Logic, sets and proofs · 01 / 03

Propositions and logical connectives

The language of rigour: how true-or-false statements combine into reasoning, and why 'false implies true' is true.

All of mathematics rests on one gesture: proving. Not convincing, not illustrating, proving. And proving requires a language where every sentence is either true or false, with no grey area. That language is propositional logic.
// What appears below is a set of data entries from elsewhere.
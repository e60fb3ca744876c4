-- ===== src/Cli/Calls.antt =====
-- The commands of src/cli.rs that ask the daemon.
use agent_mqtt_chat.Base.{
  Text, lit, ℤ, Bool, true, false, List, [], ◌∷◌, ◌++◌, text_eq, ◌==◌, Option, none, some, Result,
  ok, err, trim, strip_prefix, if◌then◌else◌,
}
use agent_mqtt_chat.Errors.{Error, config_error, ipc_error}
use agent_mqtt_chat.Wire.Types.{broadcast}
use agent_mqtt_chat.Ipc.{
  Request, Response, SendParams, pong, done, sent, messages, rejections_are, consumers_are, failure,
}
use agent_mqtt_chat.Files.{load_identity}
use agent_mqtt_chat.Store.Types.{StoredMsg}
use agent_mqtt_chat.Cli.{Shell, Printed, Payload, flag, text, sent_is, messages_are, ok_json}
use agent_mqtt_chat.Cli.Machine.{M, ◌>>=◌, ◌>>◌, give, lift, from_files, Caller, call, hello}
use agent_mqtt_chat.Cli.Print.{print_messages, print_receipts, print_rejections, print_consumers}

unfoldable pub render_simple : Shell → Bool → Response → Text → Result Error Printed
render_simple sh json done human = ok (ok_json json (flag true) (human ∷ []))
render_simple sh json pong human = ok (ok_json json (flag true) (human ∷ []))
render_simple sh json (failure e) human = err (ipc_error e)
render_simple sh json other human =
    ok (ok_json json (text (sh.debug_response other)) (sh.debug_response other ∷ []))

unfoldable pub render_sent : Shell → Bool → Response → Result Error Printed
render_sent sh json (sent id state) =
    ok (ok_json json (sent_is id state) ((lit "sent " ++ id ++ lit " (" ++ state ++ lit ")") ∷ []))
render_sent sh json (failure e) = err (ipc_error e)
render_sent sh json other = render_simple sh json other (lit "sent")

-- The arguments of `send`.
pub record SendArgs : Type 0 where
  pub to : Option Text
  pub body : Option Text
  pub broadcast : Bool
  pub ctype : Text
  pub reply_to : Option Text
  pub topic : Option Text
  pub kind : Text
  pub correlation_id : Option Text
  pub supersedes : Option Text
  pub encrypt : Bool
  pub grant : Option Text
  pub unsigned : Bool
  pub file : Option Text

abbrev or_error : Option Text → Text → Result Error Text
or_error none e = err (config_error e)
or_error (some t) e = ok t

-- The body from `--file` (`-` is standard input), or the positional argument.
unfoldable pub resolve_body : Shell → Option Text → Option Text → Result Error Text
resolve_body sh body none = or_error body (lit "provide a message body or --file <f>")
resolve_body sh body (some f) = if f == lit "-" then sh.stdin else sh.read_file f

abbrev trimmed : Result Error Text → Result Error (Option Text)
trimmed (ok t) = ok (some (trim t))
trimmed (err e) = err e

abbrev grant_input : Shell → Text → Option Text → Result Error (Option Text)
grant_input sh g none = ok (some g)
grant_input sh g (some path) = trimmed (sh.read_file path)

-- A grant token, or `@<file>`.
unfoldable pub resolve_grant : Shell → Option Text → Result Error (Option Text)
resolve_grant sh none = ok none
resolve_grant sh (some g) = grant_input sh g (strip_prefix (lit "@") g)

unfoldable pub recipient : SendArgs → Result Error Text
recipient a =
    if a.broadcast then ok broadcast else or_error a.to (lit "specify a recipient or --broadcast")

abbrev pub send_params : SendArgs → Text → Text → Option Text → SendParams
send_params a to body grant = record {
  to = to;
  ctype = a.ctype;
  body = body;
  in_reply_to = a.reply_to;
  topic = a.topic;
  kind = a.kind;
  correlation_id = a.correlation_id;
  supersedes = a.supersedes;
  encrypt = a.encrypt;
  grant = grant;
  unsigned = a.unsigned;
}

unfoldable pub send_cmd : Caller → Shell → Bool → SendArgs → M Printed
send_cmd c sh json a = do
  to ← lift (recipient a)
  body ← lift (resolve_body sh a.body a.file)
  grant ← lift (resolve_grant sh a.grant)
  hello c
  resp ← call c (Request.send (send_params a to body grant))
  lift (render_sent sh json resp)

unfoldable pub reply_cmd : Caller → Shell → Bool → Text → Text → Text → M Printed
reply_cmd c sh json msg_id body ctype = do
  hello c
  resp ← call c (Request.reply msg_id ctype body)
  lift (render_sent sh json resp)

unfoldable pub default_consumer : Caller → Option Text → M Text
default_consumer c (some name) = give name
default_consumer c none = from_files (λ f. load_identity c.env f) >>= λ id. give id.name

unfoldable pub ack_cmd : Caller → Shell → Bool → ℤ → Option Text → M Printed
ack_cmd c sh json seq consumer = do
  name ← default_consumer c consumer
  resp ← call c (Request.ack name seq)
  lift (render_simple sh json resp (lit "acknowledged"))

-- A list of messages, or what else was answered.
abbrev pub render_messages :
    Shell → Bool → (List StoredMsg → List Text) → Text → Response → Result Error Printed
render_messages sh json print human (messages ms warning) =
    ok (ok_json json (messages_are ms) (print ms))
render_messages sh json print human (failure e) = err (ipc_error e)
render_messages sh json print human other = render_simple sh json other human

abbrev pub browse_request : Bool → ℤ → Option Text → Option Text → Request
browse_request true limit from to = Request.transcript limit from to none
browse_request false limit from to = Request.browse limit from to

abbrev pub addressee : Caller → Bool → Option Text → M (Option Text)
addressee c true to = from_files (λ f. load_identity c.env f) >>= λ id. give (some id.name)
addressee c false to = give to

-- `--all` spans both directions, by the transcript.
unfoldable pub browse_cmd :
    Caller → Shell → Bool → ℤ → Option Text → Option Text → Bool → Bool → M Printed
browse_cmd c sh json limit from to mine all = do
  to' ← addressee c mine to
  resp ← call c (browse_request all limit from to')
  lift (render_messages sh json print_messages (lit "browse") resp)

unfoldable pub log_cmd :
    Caller → Shell → Bool → ℤ → Option Text → Option Text → Option Text → M Printed
log_cmd c sh json limit from to peer = do
  resp ← call c (Request.transcript limit from to peer)
  lift (render_messages sh json print_messages (lit "log") resp)

unfoldable pub receipts_cmd : Caller → Shell → Bool → Option Text → ℤ → Option Text → M Printed
receipts_cmd c sh json id limit state = do
  resp ← call c (Request.receipts id limit state)
  lift (render_messages sh json print_receipts (lit "receipts") resp)

abbrev render_rejections : Shell → Bool → Response → Result Error Printed
render_rejections sh json (rejections_are rows) =
    ok (ok_json json (Payload.rejections_are rows) (print_rejections rows))
render_rejections sh json (failure e) = err (ipc_error e)
render_rejections sh json other = render_simple sh json other (lit "rejections")

unfoldable pub rejections_cmd : Caller → Shell → Bool → ℤ → Option Text → Option Text → M Printed
rejections_cmd c sh json limit reason since = do
  resp ← call c (Request.rejections limit reason since)
  lift (render_rejections sh json resp)

abbrev render_consumers : Shell → Bool → Response → Result Error Printed
render_consumers sh json (consumers_are rows) =
    ok (ok_json json (Payload.consumers_are rows) (print_consumers rows))
render_consumers sh json (failure e) = err (ipc_error e)
render_consumers sh json other = render_simple sh json other (lit "consumers")

unfoldable pub consumers_cmd : Caller → Shell → Bool → M Printed
consumers_cmd c sh json = do resp ← call c Request.consumers; lift (render_consumers sh json resp)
It is the very first tool to lay down before writing a single serious proof.

By the end of this chapter you will be able to answer three questions: what counts as a statement we are allowed to call true or false, how to combine such statements with “not”, “and”, “or”, “if… then”, and why implication behaves in a way that surprises everyone the first time.

The investigation: reasoning correctly

Picture a detective at a crime scene. They only have facts, each of which is either true or false: “the window was locked”, “the suspect was in town”, “the alarm went off”. From these facts they chain deductions: if the window was locked and the alarm did not go off, then the intruder had a key.
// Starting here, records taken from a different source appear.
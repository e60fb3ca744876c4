-- ===== src/Trust/Laws.antt =====
-- What the operations of the trust store do to its lookups.
use agent_mqtt_chat.Base.{
  Bytes, Text, text_beq_iff, ◌==◌, text_eq, ◌≡◌, Option, none, some, ok, err, if◌then◌else◌,
  lookup-insert, lookup-remove, arith,
}
use agent_mqtt_chat.External.{Env, IsLawful}
use agent_mqtt_chat.Errors.{unknown_agent}
use agent_mqtt_chat.Wire.Codec.{unb64-b64}
use agent_mqtt_chat.Trust.{
  TrustStore, add_with_kem, add_authority, remove_agent, public_key, kem_public_key, contains,
  authority_public_key, agent_record,
}

module _ (env : Env) (lawful : IsLawful env) (ts : TrustStore) (name : Text) where
  -- After `add_with_kem` both keys of that name are those that were added, and those of every other
  -- name, and every authority's, are as before.
  pub public_key-add_with_kem :
      (pk : Bytes) (kem : Option Bytes) (other : Text)
      → let ts' = add_with_kem env ts name pk kem in
        (public_key env ts' other ≡ (if name == other then ok pk else public_key env ts other))
        × (kem_public_key env ts' other
            ≡ (if name == other then kem else kem_public_key env ts other))
        × (authority_public_key env ts' other ≡ authority_public_key env ts other)
  unfolding public_key kem_public_key add_with_kem authority_public_key
  public_key-add_with_kem pk none other = ground (
    arith,
    unb64-b64 env lawful pk,
    lookup-insert name other (agent_record env pk none) ts.agents,
  )
  public_key-add_with_kem pk (some k) other = ground (
    arith,
    unb64-b64 env lawful pk,
    unb64-b64 env lawful k,
    lookup-insert name other (agent_record env pk (some k)) ts.agents,
  )

  -- After `add_authority` the key of that authority is the one that was added; other authorities,
  -- and the agents, a message signer of the same name included, are as before.
  pub authority_public_key-add_authority :
      (pk : Bytes) (other : Text)
      → let ts' = add_authority env ts name pk in
        (authority_public_key env ts' other
          ≡ (if name == other then ok pk else authority_public_key env ts other))
        × (public_key env ts' other ≡ public_key env ts other)
  unfolding public_key add_authority authority_public_key
  authority_public_key-add_authority pk other = ground (
    arith,
    unb64-b64 env lawful pk,
    lookup-insert name other (agent_record env pk none) ts.authorities,
  )

-- A removed agent is unknown, every other agent is as before, and the result says whether it was
-- known.
pub public_key-remove_agent :
    (env : Env) (ts : TrustStore) (name other : Text)
    → (public_key env (remove_agent ts name).0 other
        ≡ (if name == other then err (unknown_agent other) else public_key env ts other))
      × ((remove_agent ts name).1 ≡ contains ts name)
unfolding public_key remove_agent contains
public_key-remove_agent env ts name other =
    ground (arith, text_beq_iff name other, lookup-remove name other ts.agents)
The whole of reasoning lives in those little linking words: not, and, or, if… then. Propositional logic is exactly that, but made precise enough for a machine to check it. The detective works on intuition. We are going to write the rules down in black and white.

What is a proposition

A proposition is a statement we can unambiguously call true or false. That is all, but it is strict.

“2 + 2 = 4” is a proposition (true).
“7 is an even number” is a proposition (false).
“What time is it?” is not a proposition: a question is neither true nor false.
" $x > 3$ " is not a proposition as long as $x$ is not fixed: its truth value depends on $x$ . We will turn it into a genuine proposition in chapter 2 using quantifiers.

The principle stating that a proposition is either true or false, with no third possibility, is called bivalence. We traditionally write true as $T$ (or $1$ ) and false as $F$ (or $0$ ). We denote propositions by letters: $P$ , $Q$ , $R$ .

Play with a truth table

Before any theory, manipulate. The table below is a truth table : it gives the value of two formulas for every possible combination of $P$ and $Q$ . Toggle the values of $P$ and $Q$ with the buttons: the matching row is highlighted. Your mission: find the single row where $P \land Q$ is $T$ , then the single row where $P \lor Q$ is $F$ .

P	Q	P ∧ Q	P ∨ Q
T	T	T	T
T	F	F	T
F	T	F	T
F	F	F	F

Pick the values

Write your own formula

Symbols

You have just met two connectives: $\land$ (and) and $\lor$ (or). Let us formalize them, together with their little sibling $\lnot$ (not).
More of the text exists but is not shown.